[Given data — start]

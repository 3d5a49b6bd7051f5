-- ===== src/Compose/Ports.antt =====
-- `parseComposePorts` and `parsePortNum` of compose.go.
use thrive.Prelude.{
  ℕ, zero, suc, ◌+◌, ◌-◌, ◌*◌, ◌/◌, ◌%◌, ◌^◌, ◌<◌, ◌≡◌, refl, inl, inr, Bool, false, ◌&&◌, ◌||◌,
  Option, none, some, List, [], ◌∷◌, ◌++◌, arith, Text, text, ltb, Bool-cases, has, cut, cut-append,
  cut_last, cut_last-append, itoa, digits_onto, has-itoa, if◌then◌else◌,
}

-- A Go `int` is 64 bits wide: the values of `n` modulo 2^64, those from 2^63 negative.
abbrev pub int_mod : ℕ
int_mod = 2 ^ 64

abbrev pub int_limit : ℕ
int_limit = 2 ^ 63

-- `n > 0` of an `int`.
abbrev pub is_positive : ℕ → Bool
is_positive n = ltb 0 n && ltb n int_limit

unfoldable pub port_value : ℕ → Text → ℕ
port_value n [] = n
port_value n (c ∷ s) =
    let rest = port_value ((n * 10 + (c - 48)) % int_mod) s in
    if ltb c 48 || ltb 57 c then 0 else rest

unfoldable pub parse_port_num : Text → ℕ
unfolding port_value
parse_port_num s = port_value 0 s

pub record PortMapping : Type 0 where
  pub host_port : ℕ
  pub container_port : ℕ
  pub protocol : Text

-- The protocol behind the last '/', and the rest of the spec.
unfoldable pub split_protocol : Text → Text × Text
split_protocol spec = elim (cut_last b'/' spec) [ none ↦ (text "tcp", spec) | some (s, p) ↦ (p, s) ]

-- The body of the loop: the mapping of one spec, if it gives one.
unfoldable pub parse_port : Text → Option PortMapping
unfolding split_protocol
parse_port given =
    let (proto, spec) = split_protocol given in
    elim (cut b':' spec) [
      | none ↦ none
      | some (host, container) ↦
          let hp = parse_port_num host in
          let cp = parse_port_num container in
          if is_positive hp && is_positive cp
          then some (record { host_port = hp; container_port = cp; protocol = proto })
          else none
    ]

unfoldable pub parse_compose_ports : List Text → List PortMapping
unfolding parse_port parse_port_num
parse_compose_ports [] = []
parse_compose_ports (spec ∷ specs) =
    let rest = parse_compose_ports specs in
    elim (parse_port spec) [ none ↦ rest | some m ↦ m ∷ rest ]

port_value-digits_onto :
    (fuel n : ℕ) (acc : Text)
    → n < fuel
    → n < int_mod
    → port_value 0 (digits_onto fuel n acc) ≡ port_value n acc
unfolding port_value digits_onto
port_value-digits_onto zero n acc h lt = absurd (omega arith)
port_value-digits_onto (suc fuel) n acc h lt = elim (Bool-cases (ltb n 10)) [
  | inl small ↦
      let same : (0 * 10 + (48 + n - 48)) % int_mod ≡ n = omega arith in rw small (ground arith)
  | inr large ↦
      let next =
        port_value-digits_onto fuel (n / 10) ((48 + n % 10) ∷ acc) (ground arith) (omega arith) in
      let same : (n / 10 * 10 + (48 + n % 10 - 48)) % int_mod ≡ n = omega arith in
      rw (large, next) (ground arith)
]

-- A number that fits is read back.
parse_port_num-itoa : (n : ℕ) → n < int_mod → parse_port_num (itoa n) ≡ n
unfolding parse_port_num itoa
parse_port_num-itoa n lt = port_value-digits_onto (suc n) n [] (omega arith) lt

-- The spec "HOST:CONTAINER/PROTOCOL", and the short form without a protocol.
abbrev pub print_port : PortMapping → Text
print_port m = (itoa m.host_port ++ b':' ∷ itoa m.container_port) ++ b'/' ∷ m.protocol

pub record IsPrintable (m : PortMapping) : Type 0 where
  pub host : (0 < m.host_port) × (m.host_port < int_limit)
  pub container : (0 < m.container_port) × (m.container_port < int_limit)
  pub protocol : has b'/' m.protocol ≡ false

-- A mapping whose ports are positive `int`s and whose protocol has no '/' is read back from its
-- spec "HOST:CONTAINER/PROTOCOL".
pub parse_port-print : (m : PortMapping) → IsPrintable m → parse_port (print_port m) ≡ some m
unfolding parse_port
parse_port-print m h =
    let host = itoa m.host_port in
    let container = itoa m.container_port in
    ground (
      arith,
      cut_last-append b'/' (host ++ b':' ∷ container) m.protocol h.protocol,
      cut-append b':' host container (has-itoa b':' m.host_port refl),
      parse_port_num-itoa m.host_port (omega (arith, h.host)),
      parse_port_num-itoa m.container_port (omega (arith, h.container)),
      h.host,
      h.container,
    )
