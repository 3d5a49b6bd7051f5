-- ===== src/Prelude/Sort/Unique.antt =====
-- A sorted list is determined by what it holds: `sort` gives one result for every order of its
-- input, so the order in which Go iterates over a map does not show in it.
use thrive.Prelude.Tests.{Bool-cases, if◌then◌else◌}
use thrive.Prelude.Lists.{All}
use thrive.Prelude.Texts.{Text, ◌=ᵗ◌, eq_iff, eq_refl, less, less_trans, less_irrefl, less_antisym}
use thrive.Prelude.Dicts.{contains, IsNodup}
use thrive.Prelude.Sort.{sort_insert, sort, IsSorted}
use Prim.Native.Nat.{ℕ, suc, ◌<◌}
use mathlib.Core.Path.{◌≡◌, refl, ap₂}
use mathlib.Core.Logic.{inl, inr}
use mathlib.Core.Bool.{true, false}
use mathlib.Core.List.{List, [], ◌∷◌}
use native.Mathlib.Omega.{arith}

-- How often a string stands in a list.
unfoldable pub count : Text → List Text → ℕ
count a [] = 0
count a (x ∷ xs) = let rest = count a xs in if x =ᵗ a then suc rest else rest

All-count : (P : Text → Type 0) (xs : List Text) (a : Text) → All P xs → 0 < count a xs → P a
unfolding count
All-count P [] a h pos = elim pos [ ]
All-count P (x ∷ xs) a h pos = elim (Bool-cases (x =ᵗ a)) [
  | inl e ↦ let same : x ≡ a = (eq_iff x a).0 e in rw (← same) h.0
  | inr n ↦ All-count P xs a h.1 (rw n at pos)
]

pub sorted_unique :
    (xs ys : List Text)
    → IsSorted xs
    → IsSorted ys
    → ((a : Text) → count a xs ≡ count a ys)
    → xs ≡ ys
unfolding count
sorted_unique [] [] hx hy same = refl
sorted_unique [] (y ∷ ys) hx hy same = absurd (ground (arith, same y, eq_refl y))
sorted_unique (x ∷ xs) [] hx hy same = absurd (ground (arith, same x, eq_refl x))
sorted_unique (x ∷ xs) (y ∷ ys) hx hy same =
    let heads : x ≡ y = less_antisym x y below above in
    ap₂ ◌∷◌ heads (sorted_unique xs ys hx.1 hy.1 (λ a. ground (arith, same a)))
  where
    below : less x y ≡ false
    below = elim (Bool-cases (x =ᵗ y)) [
      | inl e ↦ ground (arith, eq_iff x y, less_irrefl x)
      | inr n ↦
          All-count (λ z. less z y ≡ false) ys x hy.0
            (ground (arith, same x, eq_refl x, eq_iff y x, eq_iff x y))
    ]

    above : less y x ≡ false
    above = elim (Bool-cases (x =ᵗ y)) [
      | inl e ↦ ground (arith, eq_iff x y, less_irrefl x)
      | inr n ↦
          All-count (λ z. less z x ≡ false) xs y hx.0
            (ground (arith, same y, eq_refl y, eq_iff y x, eq_iff x y))
    ]

count-sort_insert :
    (a : Text) (xs : List Text) (b : Text) → count b (sort_insert a xs) ≡ count b (a ∷ xs)
unfolding sort_insert count
count-sort_insert a [] b = refl
count-sort_insert a (x ∷ xs) b = ground (arith, count-sort_insert a xs b)

pub count-sort : (xs : List Text) (b : Text) → count b (sort xs) ≡ count b xs
unfolding sort count
count-sort [] b = refl
count-sort (x ∷ xs) b = ground (arith, count-sort_insert x (sort xs) b, count-sort xs b)

All-sort_insert :
    (P : Text → Type 0) (a : Text) (xs : List Text) → P a → All P xs → All P (sort_insert a xs)
unfolding sort_insert
All-sort_insert P a [] pa h = (pa, tt)
All-sort_insert P a (x ∷ xs) pa h = elim (Bool-cases (less x a)) [
  | inl lt ↦ rw lt (h.0, All-sort_insert P a xs pa h.1)
  | inr ge ↦ rw ge (pa, h)
]

All-mono : (P Q : Text → Type 0) (xs : List Text) → ((x : Text) → P x → Q x) → All P xs → All Q xs
All-mono P Q [] f h = tt
All-mono P Q (x ∷ xs) f h = (f x h.0, All-mono P Q xs f h.1)

-- Not below: the order that `sort` produces.
pub not_less_trans : (x y z : Text) → less y x ≡ false → less z y ≡ false → less z x ≡ false
not_less_trans x y z h k = elim (Bool-cases (less z x)) [
  | inr n ↦ n
  | inl lt ↦ elim (Bool-cases (less x y)) [
    | inl up ↦ ground (arith, less_trans z x y)
    | inr level ↦ ground (arith, less_antisym x y)
  ]
]

pub less_asym : (x y : Text) → less x y ≡ true → less y x ≡ false
less_asym x y h = elim (Bool-cases (less y x)) [
  | inr n ↦ n
  | inl up ↦ ground (arith, less_trans x y x, less_irrefl x)
]

IsSorted-sort_insert : (a : Text) (xs : List Text) → IsSorted xs → IsSorted (sort_insert a xs)
unfolding sort_insert
IsSorted-sort_insert a [] h = (tt, tt)
IsSorted-sort_insert a (x ∷ xs) h = elim (Bool-cases (less x a)) [
  | inl lt ↦ rw lt (
    All-sort_insert (λ y. less y x ≡ false) a xs (less_asym x a lt) h.0,
    IsSorted-sort_insert a xs h.1,
  )
  | inr ge ↦ rw ge (
    (
      ge,
      All-mono (λ y. less y x ≡ false) (λ y. less y a ≡ false) xs (λ y k. not_less_trans a x y ge k)
          h.0,
    ),
    h,
  )
]

pub IsSorted-sort : (xs : List Text) → IsSorted (sort xs)
unfolding sort
IsSorted-sort [] = tt
IsSorted-sort (x ∷ xs) = IsSorted-sort_insert x (sort xs) (IsSorted-sort xs)

-- Lists with the same strings, as often, have one sorted list.
pub sort_eq_of_count :
    (xs ys : List Text) → ((a : Text) → count a xs ≡ count a ys) → sort xs ≡ sort ys
sort_eq_of_count xs ys same =
    sorted_unique (sort xs) (sort ys) (IsSorted-sort xs) (IsSorted-sort ys)
      (λ a. ground (arith, count-sort xs a, count-sort ys a, same a))

count_of_IsNodup :
    (xs : List Text) (a : Text) → IsNodup xs → count a xs ≡ (if contains xs a then 1 else 0)
unfolding count contains
count_of_IsNodup [] a n = refl
count_of_IsNodup (x ∷ xs) a n = ground (arith, count_of_IsNodup xs a n.1, eq_iff x a)

-- Two listings of one set have one sorted list.
pub sort_eq_of_same :
    (xs ys : List Text)
    → IsNodup xs
    → IsNodup ys
    → ((a : Text) → contains xs a ≡ contains ys a)
    → sort xs ≡ sort ys
sort_eq_of_same xs ys n m same =
    sort_eq_of_count xs ys
      (λ a. ground (arith, count_of_IsNodup xs a n, count_of_IsNodup ys a m, same a))
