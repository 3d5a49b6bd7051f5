-- ===== src/Compose/Names.antt =====
-- `serviceIDs` and `sortStrings` of compose.go: the containers of a service, found by the prefix of
-- their names. The entries are the directories under /run/thrive/containers, `none` if unreadable.
use thrive.Prelude.{
  ℕ, ◌+◌, ◌≡◌, refl, inl, inr, Bool, true, false, not, ◌&&◌, Option, none, some, List, [], ◌∷◌,
  ◌++◌, arith, Text, text, less, cut_prefix, cut_prefix-append, contains, contains-select,
  contains-sort, select, is_empty, not-is_empty, sort, All, IsSorted, Bool-cases, itoa,
  if◌then◌else◌,
}
use thrive.Prelude.Sort.Unique.{
  count, count-sort, IsSorted-sort, sorted_unique, not_less_trans, less_asym,
}
use mathlib.Core.List.{append_assoc}

-- The inner loop of `sortStrings`, on the sorted part turned round: the new string moves past
-- each string that it is less than.
unfoldable pub sift : Text → List Text → List Text
sift a [] = a ∷ []
sift a (x ∷ xs) = let rest = sift a xs in if less a x then x ∷ rest else a ∷ x ∷ xs

-- The outer loop, from the sorted part turned round.
unfoldable pub sort_from : List Text → List Text → List Text
unfolding sift
sort_from done [] = done
sort_from done (x ∷ xs) = sort_from (sift x done) xs

unfoldable pub turn : List Text → List Text → List Text
turn acc [] = acc
turn acc (x ∷ xs) = turn (x ∷ acc) xs

unfoldable pub sort_strings : List Text → List Text
unfolding sort_from turn
sort_strings s = turn [] (sort_from [] s)

abbrev pub service_prefix : Text → Text → Text
service_prefix project service = project ++ b'-' ∷ (service ++ b'-' ∷ [])

abbrev pub container_name : Text → Text → Text
container_name project service = project ++ b'-' ∷ (service ++ text "-1")

-- len(name) > len(prefix) && name[:len(prefix)] == prefix
unfoldable pub extends : Text → Text → Bool
extends prefix name = elim (cut_prefix prefix name) [
  | none ↦ false
  | some rest ↦ not (is_empty rest)
]

unfoldable pub service_ids : Option (List Text) → Text → Text → List Text
unfolding sort_strings extends
service_ids none project service = container_name project service ∷ []
service_ids (some entries) project service =
    let ids = sort_strings (select (extends (service_prefix project service)) entries) in
    if is_empty ids then container_name project service ∷ [] else ids

-- The id that `startServiceAt` gives to a replica.
abbrev pub replica_id : Text → Text → ℕ → Text
replica_id project service index = project ++ b'-' ∷ (service ++ b'-' ∷ itoa index)

-- Descending order.
abbrev IsFalling : List Text → Type 0
IsFalling [] = Unit
IsFalling (x ∷ xs) = All (λ y. less x y ≡ false) xs × IsFalling xs

count-sift : (a : Text) (xs : List Text) (b : Text) → count b (sift a xs) ≡ count b (a ∷ xs)
unfolding sift count
count-sift a [] b = refl
count-sift a (x ∷ xs) b = ground (arith, count-sift a xs b)

count-sort_from :
    (done xs : List Text) (b : Text) → count b (sort_from done xs) ≡ count b done + count b xs
unfolding sort_from count
count-sort_from done [] b = omega arith
count-sort_from done (x ∷ xs) b =
    ground (arith, count-sort_from (sift x done) xs b, count-sift x done b)

count-turn : (acc xs : List Text) (b : Text) → count b (turn acc xs) ≡ count b acc + count b xs
unfolding turn count
count-turn acc [] b = omega arith
count-turn acc (x ∷ xs) b = ground (arith, count-turn (x ∷ acc) xs b)

All-sift : (P : Text → Type 0) (a : Text) (xs : List Text) → P a → All P xs → All P (sift a xs)
unfolding sift
All-sift P a [] pa h = (pa, tt)
All-sift P a (x ∷ xs) pa h = elim (Bool-cases (less a x)) [
  | inl lt ↦ rw lt (h.0, All-sift P a xs pa h.1)
  | inr ge ↦ rw ge (pa, h)
]

falls :
    (x a : Text) (xs : List Text)
    → less a x ≡ false
    → All (λ y. less x y ≡ false) xs
    → All (λ y. less a y ≡ false) xs
falls x a [] h all = tt
falls x a (y ∷ xs) h all = (not_less_trans y x a all.0 h, falls x a xs h all.1)

IsFalling-sift : (a : Text) (xs : List Text) → IsFalling xs → IsFalling (sift a xs)
unfolding sift
IsFalling-sift a [] h = (tt, tt)
IsFalling-sift a (x ∷ xs) h = elim (Bool-cases (less a x)) [
  | inl lt ↦
      rw lt (All-sift (λ y. less x y ≡ false) a xs (less_asym a x lt) h.0, IsFalling-sift a xs h.1)
  | inr ge ↦ rw ge ((ge, falls x a xs ge h.0), h)
]

IsFalling-sort_from : (done xs : List Text) → IsFalling done → IsFalling (sort_from done xs)
unfolding sort_from
IsFalling-sort_from done [] h = h
IsFalling-sort_from done (x ∷ xs) h = IsFalling-sort_from (sift x done) xs (IsFalling-sift x done h)

abbrev AllAbove : List Text → List Text → Type 0
AllAbove [] ys = Unit
AllAbove (x ∷ xs) ys = All (λ y. less y x ≡ false) ys × AllAbove xs ys

AllAbove-cons :
    (a : Text) (xs acc : List Text)
    → All (λ y. less a y ≡ false) xs
    → AllAbove xs acc
    → AllAbove xs (a ∷ acc)
AllAbove-cons a [] acc h k = tt
AllAbove-cons a (x ∷ xs) acc h k = ((h.0, k.0), AllAbove-cons a xs acc h.1 k.1)

IsSorted-turn :
    (acc xs : List Text) → IsSorted acc → IsFalling xs → AllAbove xs acc → IsSorted (turn acc xs)
unfolding turn
IsSorted-turn acc [] s f a = s
IsSorted-turn acc (x ∷ xs) s f a =
    IsSorted-turn (x ∷ acc) xs (a.0, s) f.1 (AllAbove-cons x xs acc f.0 a.1)

AllAbove-nil : (xs : List Text) → AllAbove xs []
AllAbove-nil [] = tt
AllAbove-nil (x ∷ xs) = (tt, AllAbove-nil xs)

-- The hand-written insertion sort gives what `sort.Strings` gives, on every input.
pub sort_strings-eq-sort : (s : List Text) → sort_strings s ≡ sort s
unfolding sort_strings
sort_strings-eq-sort s =
    sorted_unique (turn [] (sort_from [] s)) (sort s)
      (IsSorted-turn [] (sort_from [] s) tt (IsFalling-sort_from [] s tt)
        (AllAbove-nil (sort_from [] s)))
      (IsSorted-sort s)
      (unfold count in
        λ a.
          omega (arith, count-turn [] (sort_from [] s) a, count-sort_from [] s a, count-sort s a))

-- Where a directory has the prefix of the service, the ids of the service are exactly the directories
-- that have it.
pub contains-service_ids :
    (entries : List Text) (project service id : Text)
    → contains entries id ≡ true
    → extends (service_prefix project service) id ≡ true
    → (other : Text)
    → contains (service_ids (some entries) project service) other
      ≡ (contains entries other && extends (service_prefix project service) other)
unfolding service_ids
contains-service_ids entries project service id m e other =
    let test = extends (service_prefix project service) in
    let ids = select test entries in
    let found = λ (a : Text). contains-select test entries a in
    let some_id : contains (sort ids) id ≡ true = ground (arith, contains-sort ids id, found id) in
    rw (sort_strings-eq-sort ids, not-is_empty (sort ids) id some_id, contains-sort ids other)
      (found other)

pub extends-append :
    (prefix rest tail : Text) (c : ℕ) → extends prefix (prefix ++ (rest ++ c ∷ tail)) ≡ true
unfolding extends
extends-append prefix [] tail c = rw (cut_prefix-append, extends)
extends-append prefix (x ∷ rest) tail c = rw (cut_prefix-append, extends)

-- A container of the service "SERVICE-REST" is also taken for one of the service "SERVICE" of the
-- project: the ids that the commands on the shorter name act on hold it.
pub service_ids-collision :
    (entries : List Text) (project service rest : Text) (index : ℕ)
    → contains entries (replica_id project (service ++ b'-' ∷ rest) index) ≡ true
    → contains
        (service_ids (some entries) project service)
        (replica_id project (service ++ b'-' ∷ rest) index)
      ≡ true
service_ids-collision entries project service rest index m =
    let id = replica_id project (service ++ b'-' ∷ rest) index in
    let split : id ≡ service_prefix project service ++ (rest ++ b'-' ∷ itoa index) =
      simp append_assoc in
    let taken : extends (service_prefix project service) id ≡ true =
      rw split (extends-append (service_prefix project service) rest (itoa index) b'-') in
    ground (arith, contains-service_ids entries project service id m taken id, m, taken)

[Given data — finish]

■ Exercise details ■
Wherever a line in the records contains the word "small", copy that line.

■ Written response ■
  | inl small ↦
      let same : (0 * 10 + (48 + n - 48)) % int_mod ≡ n = omega arith in rw small (ground arith)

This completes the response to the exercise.